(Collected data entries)
──────────

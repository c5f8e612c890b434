-- ===== src/Mailbox/Answers.antt =====
-- What the file operations of mailbox_framework/kernel/mbox_kern.c answer on a full and on an
-- empty mailbox.
use Prim.Native.Nat.{bit_and}
use c_data_structures.Prelude.{
  ℕ, zero, suc, ◌<◌, ◌≤◌, ◌≡◌, ◌∙◌, refl, ap, true, not, ◌||◌, ◌&&◌, none, some, List, [], ◌∷◌,
  arith, ltb, leb, ◌==◌, if_intro, length, get_or, drop,
}
use c_data_structures.Prelude.Int.{ℤ, pos, negsuc}
use c_data_structures.Prelude.Run.{Run, ok, fault, out_of_fuel, ◌>>=◌}
use c_data_structures.Mailbox.Memory.{Memory}
use c_data_structures.Mailbox.Types.{
  MboxQueue, Mailbox, RecvReq, FileData, minus_err_nobufs, minus_err_wouldblock,
}
use c_data_structures.Mailbox.Transfer.{mbox_enqueue, mbox_queue_full, unlocked, flag_urgent}
use c_data_structures.Mailbox.Receive.{
  Wait, Dequeued, find_entry, taken, take_message, after_pass, mbox_dequeue,
}
use c_data_structures.Mailbox.Files.{
  Caller, Outcome, outcome, data_bytes, mbox_write, tmp_bytes, read_simple, mbox_read,
  send_req_size, recv_req_size, field32,
}
use c_data_structures.Mailbox.RoundTrip.{unlocked-mailbox}

-- Nothing was put into the mailbox.
abbrev pub Unsent : Mailbox → Mailbox → Type 0
Unsent m m' =
    (m'.entries ≡ m.entries)
    × (m'.queue.head ≡ m.queue.head)
    × (m'.queue.count ≡ m.queue.count)
    × (m'.queue.total_sent ≡ m.queue.total_sent)

full-Unsent :
    (pid : ℕ) (m : Mailbox) (channel : ℕ) (payload : List ℕ) (flags : ℕ)
    → m.queue.depth ≤ m.queue.count
    → Unsent m (mbox_enqueue pid m channel payload flags).1
unfolding mbox_enqueue mbox_queue_full
full-Unsent pid m channel payload flags full =
    let Goal : ℤ × Mailbox → Type 0 = λ t. Unsent m t.1 in
    if_intro Goal (ltb m.queue.msg_size (length payload)) _ _ (λ e. (refl, refl, refl, refl))
      (λ e.
        if_intro Goal (leb m.queue.depth m.queue.count) _ _
          (λ e. unlocked-Unsent minus_err_nobufs _ (
            if_intro (λ (t : Mailbox). Unsent m t) (bit_and flags flag_urgent == 0) _ _
              (λ e. (refl, refl, refl, refl)) (λ e. (refl, refl, refl, refl))))
          (λ e. ground arith))
  where
    unlocked-Unsent : (ret : ℤ) (t : Mailbox) → Unsent m t → Unsent m (unlocked ret t).1
    unlocked-Unsent ret t (a, b, c, d) =
        let (e, f) = unlocked-mailbox ret t in
        (f ∙ a, ap (λ q. q.head) e ∙ b, ap (λ q. q.count) e ∙ c, ap (λ q. q.total_sent) e ∙ d)

-- `mbox_write` to a full mailbox, of readable bytes whose payload fits, returns the number of
-- bytes as if they were sent, and puts no message into the mailbox.
pub mbox_write-full :
    (caller : Caller) (fd : FileData) (m : Mailbox) (buf : List ℕ)
    → fd.attached ≡ true
    → caller.readable ≡ true
    → length (drop send_req_size buf) ≤ m.queue.msg_size
    → m.queue.depth ≤ m.queue.count
    → (r : Outcome) × (mbox_write caller fd m buf ≡ ok r)
      × (r.ret ≡ pos (length buf))
      × Unsent m r.mbox
unfolding mbox_write
mbox_write-full caller fd m buf here readable fits full =
    let P : Run Outcome → Type 0 =
      λ t. (r : Outcome) × (t ≡ ok r) × (r.ret ≡ pos (length buf)) × Unsent m r.mbox in
    if_intro P (not fd.attached) _ _ (λ e. ground arith)
      (λ e.
        if_intro P (ltb (length buf) send_req_size) _ _
          (λ e. (_, refl, refl, full-Unsent caller.pid m 0 buf 0 full))
          (λ e.
            if_intro P (not caller.readable) _ _ (λ e. ground arith)
              (λ e.
                if_intro P (ltb m.queue.msg_size (length (drop send_req_size buf))) _ _
                  (λ e. ground arith)
                  (λ e. (
                    _,
                    refl,
                    refl,
                    full-Unsent caller.pid m (get_or buf 0 0) (drop send_req_size buf)
                        (field32 buf 8) full,
                  )))))

find_entry-at_head :
    (left : ℕ) (q : MboxQueue) (m : Memory) (mask i : ℕ)
    → i ≡ q.head
    → find_entry left q m mask i ≡ ok none
unfolding find_entry
find_entry-at_head zero q m mask i e = refl
find_entry-at_head (suc left) q m mask i e = ground arith

take_message-empty :
    (m : Mailbox) (mask max_size : ℕ)
    → m.queue.tail ≡ m.queue.head
    → take_message m mask max_size ≡ ok (none, m)
unfolding take_message taken
take_message-empty m mask max_size e =
    ap (λ r. r >>= λ found. ok (taken m max_size found))
      (find_entry-at_head m.queue.depth m.queue m.entries mask m.queue.tail e)

dequeue_empty :
    (waits : List Wait) (m : Mailbox) (mask max_size : ℕ)
    → m.queue.tail ≡ m.queue.head
    → mbox_dequeue waits m mask max_size (pos 0) ≡ ok (minus_err_wouldblock, none, m)
unfolding mbox_dequeue after_pass
dequeue_empty [] m mask max_size e =
    ap (λ r. r >>= after_pass none out_of_fuel (pos 0)) (take_message-empty m mask max_size e)
dequeue_empty (wait ∷ waits) m mask max_size e =
    ap
      (λ r.
        r
        >>= after_pass (some wait) (mbox_dequeue waits (wait.others m) mask max_size (pos 0))
            (pos 0))
      (take_message-empty m mask max_size e)

read_simple-seven :
    (caller : Caller) (fd : FileData) (m : Mailbox)
    → caller.memory ≡ true
    → caller.writable 7 ≡ true
    → 7 ≤ m.queue.msg_size
    → read_simple caller fd m (pos 7) none
      ≡ ok (outcome fd m (data_bytes (0 ∷ 0 ∷ 0 ∷ 0 ∷ 0 ∷ 0 ∷ 0 ∷ [])) (pos 7))
unfolding read_simple tmp_bytes
read_simple-seven caller fd m room writable size =
    let P : Run Outcome → Type 0 =
      λ t. t ≡ ok (outcome fd m (data_bytes (0 ∷ 0 ∷ 0 ∷ 0 ∷ 0 ∷ 0 ∷ 0 ∷ [])) (pos 7)) in
    if_intro P ((not caller.memory && ltb 0 7) || ltb m.queue.msg_size 7) _ _ (λ e. ground arith)
      (λ e. if_intro P (caller.writable 7) _ _ (λ e. refl) (λ e. ground arith))

-- `mbox_read` of less than 24 bytes from a mailbox without a message, with the memory granted
-- and the caller's buffer writable, returns 7 and copies seven zero bytes, whatever the room
-- that the caller asked for.
pub mbox_read-empty :
    (caller : Caller) (waits : List Wait) (fd : FileData) (m : Mailbox) (count : ℕ) (req : RecvReq)
    → fd.attached ≡ true
    → caller.memory ≡ true
    → caller.writable 7 ≡ true
    → 7 ≤ m.queue.msg_size
    → count < 24
    → m.queue.tail ≡ m.queue.head
    → mbox_read caller waits fd m count req
      ≡ ok (outcome fd m (data_bytes (0 ∷ 0 ∷ 0 ∷ 0 ∷ 0 ∷ 0 ∷ 0 ∷ [])) (pos 7))
unfolding mbox_read
mbox_read-empty caller waits fd m count req here room writable size short empty =
    let e = dequeue_empty waits m fd.channel_mask m.queue.msg_size empty in
    let P : Run Outcome → Type 0 =
      λ t. t ≡ ok (outcome fd m (data_bytes (0 ∷ 0 ∷ 0 ∷ 0 ∷ 0 ∷ 0 ∷ 0 ∷ [])) (pos 7)) in
    if_intro P (not fd.attached) _ _ (λ e. ground arith)
      (λ _.
        if_intro P (ltb count recv_req_size) _ _
          (λ _.
            ap
              (λ (r : Run Dequeued). r >>= λ (ret, got, after). read_simple caller fd after ret got)
              e
            ∙ read_simple-seven caller fd m room writable size)
          (λ e. ground arith))

-- A negative timeout on a mailbox without a message: a variable that was never set is used.
mbox_dequeue-infinite :
    (waits : List Wait) (m : Mailbox) (mask max_size n : ℕ)
    → m.queue.tail ≡ m.queue.head
    → mbox_dequeue waits m mask max_size (negsuc n) ≡ fault
unfolding mbox_dequeue after_pass
mbox_dequeue-infinite [] m mask max_size n e =
    ap (λ r. r >>= after_pass none out_of_fuel (negsuc n)) (take_message-empty m mask max_size e)
mbox_dequeue-infinite (wait ∷ waits) m mask max_size n e =
    ap
      (λ r.
        r
        >>= after_pass (some wait) (mbox_dequeue waits (wait.others m) mask max_size (negsuc n))
            (negsuc n))
      (take_message-empty m mask max_size e)
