-- ===== src/Mailbox/Manage.antt =====
-- The mailboxes of the module, from `mbox_create` on in mailbox_framework/kernel/mbox_kern.c. The
-- kernel's answers are parameters; the device nodes it makes are not part of the state.
use c_data_structures.Prelude.{
  ℕ, zero, suc, ◌+◌, ◌-◌, ◌*◌, Bool, true, false, not, ◌||◌, ◌&&◌, Option, none, some, List, [],
  ◌∷◌, ltb, leb, ◌==◌, if◌then◌else◌, length, take, get_elem?, set,
}
use c_data_structures.Prelude.Int.{ℤ, pos, is_zero}
use c_data_structures.Prelude.Run.{Run, ok, fault}
use c_data_structures.Mailbox.Types.{
  MboxQueue, Mailbox, max_mailboxes, mbox_min_depth, mbox_max_depth, mbox_min_size, mbox_max_size,
  mbox_name_len, enomem, einval,
}
use c_data_structures.Mailbox.Transfer.{entry_size}

-- `mbox_global`; `region` and `class` say that the device numbers and the class are held. A
-- `next_id` from 2^31 on stands for a negative `int`.
pub record MboxGlobal : Type 0 where
  pub region : Bool
  pub class : Bool
  pub major : ℕ
  pub instances : List (Option Mailbox)
  pub next_id : ℕ

-- `sizeof(struct mbox_queue)`, on lines of 64 bytes.
abbrev pub queue_size : ℕ
queue_size = 192

unfoldable pub total_size : (depth msg_size : ℕ) → ℕ
total_size depth msg_size = queue_size + depth * (entry_size + msg_size)

abbrev pub empty_queue : (depth msg_size : ℕ) → MboxQueue
empty_queue depth msg_size = record {
  head = 0;
  tail = 0;
  depth = depth;
  msg_size = msg_size;
  count = 0;
  total_sent = 0;
  total_recv = 0;
  messages_dropped = 0;
  bytes_sent = 0;
  bytes_recv = 0;
}

-- The instance that `mbox_create` sets up, with the name cut to its array.
unfoldable pub new_mailbox : (name : List ℕ) → (id depth msg_size : ℕ) → Mailbox
new_mailbox name id depth msg_size = record {
  name = take (mbox_name_len - 1) name;
  id = id;
  shmem_size = total_size depth msg_size;
  queue = empty_queue depth msg_size;
  entries = (λ offset. 0);
  refcount = 0;
  open_count = 0;
  wakeups = 0;
}

-- What `mbox_create` returns: `ERR_PTR` or the instance.
pub data Created : Type 0 where
  err_ptr : ℤ → Created
  created : Mailbox → Created

-- The checks of the arguments.
unfoldable pub valid_args : (name : List ℕ) → (depth msg_size : ℕ) → Bool
valid_args name depth msg_size =
    not (length name == 0)
    && (leb mbox_min_depth depth && leb depth mbox_max_depth)
    && (leb mbox_min_size msg_size && leb msg_size mbox_max_size)

-- The slot of an identifier is free; one that is out of range is not.
unfoldable pub free_slot : List (Option Mailbox) → (id : ℕ) → Bool
free_slot instances id = elim (get_elem? instances id) [
  | none ↦ false
  | some slot ↦ elim slot [ none ↦ true | some mbox ↦ false ]
]

-- `mbox_create`, where `kzalloc` and `vmalloc` say whether they have memory. A NULL name is the
-- empty one.
unfoldable pub mbox_create :
    (kzalloc vmalloc : Bool)
    → MboxGlobal
    → (name : List ℕ) → (depth msg_size : ℕ) → Run (Created × MboxGlobal)
mbox_create kzalloc vmalloc g name depth msg_size =
    let id = g.next_id in
    let mbox = new_mailbox name id depth msg_size in
    let g' = record g { next_id = id + 1 } in
    if not (valid_args name depth msg_size)
    then ok (err_ptr einval, g)
    else if not kzalloc || not vmalloc
    then ok (err_ptr enomem, g)
    else if leb 2147483648 id
    then fault
    else if ltb id max_mailboxes && free_slot g.instances id
    then ok (created mbox, record g' { instances = set g.instances id (some mbox) })
    else ok (err_ptr enomem, g')

-- `mbox_destroy` of an instance or of NULL.
unfoldable pub mbox_destroy : MboxGlobal → Option Mailbox → MboxGlobal
mbox_destroy g none = g
mbox_destroy g (some mbox) =
    if ltb mbox.id max_mailboxes then record g { instances = set g.instances mbox.id none } else g

abbrev pub no_instances : (n : ℕ) → List (Option Mailbox)
no_instances zero = []
no_instances (suc n) = none ∷ no_instances n

-- `mbox_init`: what `alloc_chrdev_region` returns, the major number it gives, and the error of
-- `class_create` if there is one.
unfoldable pub mbox_init : (region : ℤ) → (major : ℕ) → (class : Option ℤ) → ℤ × MboxGlobal
mbox_init region major class =
    let g : MboxGlobal = record {
      region = is_zero region;
      class = false;
      major = (if is_zero region then major else 0);
      instances = no_instances max_mailboxes;
      next_id = 0;
    } in
    if not (is_zero region) then (region, g) else elim class [
      | none ↦ (pos 0, record g { class = true })
      | some err ↦ (err, record g { region = false })
    ]

-- The loop of `mbox_exit` from `i` on.
unfoldable pub destroy_all : (left i : ℕ) → MboxGlobal → MboxGlobal
destroy_all zero i g = g
destroy_all (suc left) i g = elim (get_elem? g.instances i) [
  | none ↦ g
  | some slot ↦ destroy_all left (i + 1) (mbox_destroy g slot)
]

unfoldable pub mbox_exit : MboxGlobal → MboxGlobal
mbox_exit g = record (destroy_all max_mailboxes 0 g) { class = false; region = false }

──────────

In the entries above, find the line holding "ok (none, m)" and the line holding "(pos 7) none", then retype exactly those two lines and every line between them, and nothing else.

    → take_message m mask max_size ≡ ok (none, m)
unfolding take_message taken
take_message-empty m mask max_size e =
    ap (λ r. r >>= λ found. ok (taken m max_size found))
      (find_entry-at_head m.queue.depth m.queue m.entries mask m.queue.tail e)

dequeue_empty :
    (waits : List Wait) (m : Mailbox) (mask max_size : ℕ)
    → m.queue.tail ≡ m.queue.head
    → mbox_dequeue waits m mask max_size (pos 0) ≡ ok (minus_err_wouldblock, none, m)
unfolding mbox_dequeue after_pass
dequeue_empty [] m mask max_size e =
    ap (λ r. r >>= after_pass none out_of_fuel (pos 0)) (take_message-empty m mask max_size e)
dequeue_empty (wait ∷ waits) m mask max_size e =
    ap
      (λ r.
        r
        >>= after_pass (some wait) (mbox_dequeue waits (wait.others m) mask max_size (pos 0))
            (pos 0))
      (take_message-empty m mask max_size e)

read_simple-seven :
    (caller : Caller) (fd : FileData) (m : Mailbox)
    → caller.memory ≡ true
    → caller.writable 7 ≡ true
    → 7 ≤ m.queue.msg_size
    → read_simple caller fd m (pos 7) none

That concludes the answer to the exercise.